It's really hard for me to articulate on where you are on the I vs E spectrum, but I will say you seem more E to me. One of the things that was telling to me was that you said you were drained being in a social situation where you had no interest and no one to connect with; I don't think you would meet an ENFP who wouldn't agree with that statement. I "feed" off the energy of others. If I have no connections, no one to bounce my Ne off of, I'd be terribly bored and begin to feel drained. ENFP's also need their alone time too, put us in ANY prolonged situation and or Ne gets overloaded and we need to "decompress", so to speak. 
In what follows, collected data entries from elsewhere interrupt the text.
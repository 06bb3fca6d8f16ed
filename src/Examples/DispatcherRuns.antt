-- ===== src/Examples/DispatcherRuns.antt =====
-- A channel for one update: the second is dropped, the first delivered by `Close`.
use notip_data_consumer.Prelude.{◌≡◌, refl, false, [], ◌∷◌}
use notip_data_consumer.Prelude.Bytes.{lit}
use notip_data_consumer.Prelude.Int.{pos}
use notip_data_consumer.Prelude.Outcome.{returns}
use notip_data_consumer.Model.{GatewayStatusUpdate, online, offline}
use notip_data_consumer.Dispatcher.{
  Dispatcher, looking, start, dispatch_status_update, worker_step, close,
}
use notip_data_consumer.Dispatcher.Accounting.{
  IsAccounted, DispatchReach, here, next, send, reached-IsAccounted, accepted,
}
use notip_data_consumer.Dispatcher.Drain.{IsDrained, close-IsDrained}

abbrev up : GatewayStatusUpdate
up = record { gateway_id = lit "g1"; status = online; last_seen_at = pos 10 }

abbrev down : GatewayStatusUpdate
down = record { gateway_id = lit "g1"; status = offline; last_seen_at = pos 10 }

abbrev one_sent : Dispatcher
one_sent = record {
  capacity = 1;
  queue = up ∷ [];
  closed = false;
  worker = looking;
  dropped = 0;
  queue_length = 0;
  attempted = up ∷ [];
  delivered = [];
}

abbrev two_sent : Dispatcher
two_sent = record one_sent { dropped = 1; attempted = up ∷ down ∷ [] }

first_send : dispatch_status_update up (start 1) ≡ returns one_sent
unfolding dispatch_status_update start
first_send = refl

second_send : dispatch_status_update down one_sent ≡ returns two_sent
unfolding dispatch_status_update
second_send = refl

both_sent : DispatchReach (start 1) two_sent
both_sent = next (next here (send up first_send)) (send down second_send)

reached-IsAccounted_example : IsAccounted two_sent
reached-IsAccounted_example = reached-IsAccounted 1 both_sent

close-IsDrained_example : IsDrained (accepted two_sent) (close two_sent)
close-IsDrained_example = close-IsDrained two_sent (reached-IsAccounted 1 both_sent)

closed_delivered : (close two_sent).delivered ≡ up ∷ []
unfolding close worker_step
closed_delivered = refl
Something else that jumped out at me is that; even though you said you didn't have a checklist of values in question #6 (almost the same answer I had in my questionnaire) Your response to having your beliefs clashed with sounds like it could have been written by my INFP sibling. We're quite a match when we disagree (I believe they're a 1w9); but they get shockingly defensive (even for me) when my Ne produces something other than what their Fi can understand. I'm trying to get them to see things from my perspective; through using my Ne to find an avenue that leads to their Fi, and they stomp their feet and try to invalidate anything my Ne comes up with, because it doesn't match perfectly- we could spend HOURS in debates if we didn't reach the point of agreeing to disagree. 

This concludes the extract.